Another member is having a similar issue.   I'll have the schematic posted shortly.


----------



## Aquaticwombat (Jun 10, 2022)

ADAOCE said:


> I assume you are using an audio probe if you know where your signal dies? Check the part right before it for correct solder joints or a solder bridge somewhere.
> 
> Hopefully the belt on brick isn’t in too much trouble after the melting


You mean they aren't meltin' bricks? Misread that. Dang.


----------



## Harry Klippton (Jun 11, 2022)

The brick should be fine. The casing is pretty thick. I recently opened one to remove the modulation


----------



## fig (Jun 11, 2022)

My guess would be that the Sproing spring sprung.


----------



## Cvoxdog (Jun 18, 2022)

My sproing is doing the same thing. It just mutes the signal. No reverb going on here.

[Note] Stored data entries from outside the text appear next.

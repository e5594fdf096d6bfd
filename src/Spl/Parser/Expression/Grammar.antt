-- ===== src/Spl/Parser/Expression/Grammar.antt =====
-- The grammar in the comment above `exprParser` in internal/spl/parser/parser.go, as relations
-- between the tokens of an expression and its tree. AND binds tighter than OR, both to the left.
use quetzalog.Base.{◌<◌, Bool, true, false, List, [], ◌∷◌, ◌++◌, Text, length, codes, some, ◌≡◌}
use quetzalog.Spl.Unicode.{Unicode}
use quetzalog.Spl.Lexer.{Token, TokenKind, is_keyword}
use quetzalog.Spl.Ast.{Expr, and_pair, or_pair, not_of, cmp, in_list, is_null, like, text}
use quetzalog.Spl.Parser.Expression.{
  comparison_op, value_of, is_comma, is_lparen, is_rparen, bare_term,
}

-- `v, v…`
pub data IsValues : List Token → List Text → Type 0 where
  one : {v : Text} (x : Token) → value_of x x.kind ≡ some v → IsValues (x ∷ []) (v ∷ [])
  another :
      {v : Text} {ts : List Token} {vs : List Text} (x c : Token)
      → value_of x x.kind ≡ some v
      → is_comma c.kind ≡ true
      → IsValues ts vs
      → IsValues (x ∷ c ∷ ts) (v ∷ vs)

-- The tokens of `[NOT]` in front of the last word of a predicate.
pub data IsNegation (u : Unicode) : Bool → List Token → Type 0 where
  plain : IsNegation u false []
  negated : (t : Token) → is_keyword u t (codes "not") ≡ true → IsNegation u true (t ∷ [])

pub data IsComparison (u : Unicode) : List Token → Expr → Type 0 where
  compares :
      {v : Text} {ts : List Token} (t o x : Token)
      → t.kind ≡ TokenKind.name
      → comparison_op o ≡ true
      → value_of x x.kind ≡ some v
      → ts ≡ t ∷ o ∷ x ∷ []
      → IsComparison u ts (cmp t.value o.value v)
  is_in :
      {negate : Bool} {ns vs ts : List Token} {values : List Text}
      (t i open_paren close_paren : Token)
      → t.kind ≡ TokenKind.name
      → IsNegation u negate ns
      → is_keyword u i (codes "in") ≡ true
      → is_lparen open_paren.kind ≡ true
      → IsValues vs values
      → is_rparen close_paren.kind ≡ true
      → ts ≡ t ∷ (ns ++ (i ∷ open_paren ∷ (vs ++ (close_paren ∷ []))))
      → IsComparison u ts (in_list t.value negate values)
  is_like :
      {v : Text} {ts : List Token} (t w x : Token)
      → t.kind ≡ TokenKind.name
      → is_keyword u w (codes "like") ≡ true
      → value_of x x.kind ≡ some v
      → ts ≡ t ∷ w ∷ x ∷ []
      → IsComparison u ts (like t.value false v)
  is_nothing :
      {negate : Bool} {ns ts : List Token} (t w n : Token)
      → t.kind ≡ TokenKind.name
      → is_keyword u w (codes "is") ≡ true
      → IsNegation u negate ns
      → is_keyword u n (codes "null") ≡ true
      → ts ≡ t ∷ w ∷ (ns ++ (n ∷ []))
      → IsComparison u ts (is_null t.value negate)
  is_term :
      {ts : List Token} (t : Token)
      → t.kind ≡ TokenKind.name
      → ts ≡ t ∷ []
      → IsComparison u ts (bare_term t.value)
  is_string :
      {ts : List Token} (t : Token)
      → t.kind ≡ TokenKind.string
      → ts ≡ t ∷ []
      → IsComparison u ts (text t.value t.value)
  is_number :
      {ts : List Token} (t : Token)
      → t.kind ≡ TokenKind.number
      → ts ≡ t ∷ []
      → IsComparison u ts (text t.value [])
  is_star :
      {ts : List Token} (t : Token)
      → t.kind ≡ TokenKind.star
      → ts ≡ t ∷ []
      → IsComparison u ts (text (codes "*") [])

mutual
  pub data IsOr (u : Unicode) : List Token → Expr → Type 0 where
    or_one : {ts : List Token} {e : Expr} → IsAnd u ts e → IsOr u ts e
    or_more :
        {xs ys ts : List Token} {a b : Expr} (t : Token)
        → IsOr u xs a
        → is_keyword u t (codes "or") ≡ true
        → IsAnd u ys b
        → ts ≡ xs ++ (t ∷ ys)
        → IsOr u ts (or_pair a b)

  pub data IsAnd (u : Unicode) : List Token → Expr → Type 0 where
    and_one : {ts : List Token} {e : Expr} → IsUnary u ts e → IsAnd u ts e
    and_more :
        {xs ys ts : List Token} {a b : Expr} (t : Token)
        → IsAnd u xs a
        → is_keyword u t (codes "and") ≡ true
        → IsUnary u ys b
        → ts ≡ xs ++ (t ∷ ys)
        → IsAnd u ts (and_pair a b)
    and_next :
        {xs ys ts : List Token} {a b : Expr}
        → IsAnd u xs a
        → IsUnary u ys b
        → ts ≡ xs ++ ys
        → IsAnd u ts (and_pair a b)

  pub data IsUnary (u : Unicode) : List Token → Expr → Type 0 where
    not_more :
        {xs ts : List Token} {a : Expr} (t : Token)
        → is_keyword u t (codes "not") ≡ true
        → IsUnary u xs a
        → ts ≡ t ∷ xs
        → IsUnary u ts (not_of a)
    parens :
        {xs ts : List Token} {a : Expr} (open_paren close_paren : Token)
        → is_lparen open_paren.kind ≡ true
        → IsOr u xs a
        → is_rparen close_paren.kind ≡ true
        → ts ≡ open_paren ∷ (xs ++ (close_paren ∷ []))
        → IsUnary u ts a
    comparison : {ts : List Token} {e : Expr} → IsComparison u ts e → IsUnary u ts e

-- A parse over `ts` that returned `p.0` read some tokens off the front of `ts`, which spell the
-- tree by the grammar's rule `G`, and left `p.1`.
pub record IsParsed (G : List Token → Expr → Type 0) (ts : List Token) (p : Expr × List Token)
    : Type 0 where
  pub used : List Token
  pub splits : ts ≡ used ++ p.1
  pub moves : 0 < length used
  pub derives : G used p.0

Not sure what the problem is.


----------



## Aquaticwombat (Jun 18, 2022)

Glad I'm not the only one!


----------



## Cvoxdog (Jun 18, 2022)

I nuked my brick multiple times trying to problem solve just because...


----------



## Cvoxdog (Jun 24, 2022)

Anyone able to get this one going yet?


----------



## Robert (Jun 24, 2022)

My apologies!   I was communicating with a couple folks via PM / email and just assumed it was you!

There was a manufacturing defect on a few of the first batch of Sproing PCBs.   Rather than sort through the entire batch I just tossed them all and reordered.     I've been assured that the equipment failure that caused the issue has been resolved, but just to be _absolutely_ sure I have moved the PCB production up to a higher class and opted for full 4-wire Kelvin testing.

Check to see if Pin 1 of the lower TL072 is shorted to ground.   

If so, I'll need to get a replacement shipped out to you.  I'm expecting them to arrive today.


----------



## Aquaticwombat (Jun 24, 2022)

Aaand that's the problem with mine. Nice healthy beep.


----------



## Robert (Jun 24, 2022)

Aquaticwombat said:


> Aaand that's the problem with mine. Nice healthy beep.



I apologize!  I'll make sure to send a replacement along with your order that is shipping today (assuming DHL brings them in time).


----------



## fig (Jun 24, 2022)

The ‘ol Vcc to GND switcheroo trick eh?


----------



## Aquaticwombat (Jun 24, 2022)

Robert said:


> I apologize!  I'll make sure to send a replacement along with your order that is shipping today (assuming DHL brings them in time).


I appreciate it. I was gonna say, you can just hold my order from this am until they come in. It's not a rush. I appreciate it!


----------



## Robert (Jun 24, 2022)

fig said:


> The ‘ol Vcc to GND switcheroo trick eh?



Well, it's the output pin of the input buffer, so not as destructive but just as devastating to operation.


----------



## fig (Jun 24, 2022)

Robert said:


> a higher class and opted for full 4-wire Kelvin testing.


Well if they turn out to be someone other than Kelvin, being outclassed will be the least of mankind’s worries.


----------



## Aquaticwombat (Jun 10, 2022)

Anyone had any issues? My signal dies going into IC2. No output, swapped 072s, new socket. It's an excellent mute switch right now


----------



## Robert (Jun 24, 2022)

If you have a DMM make that same measurement, no components need to be installed.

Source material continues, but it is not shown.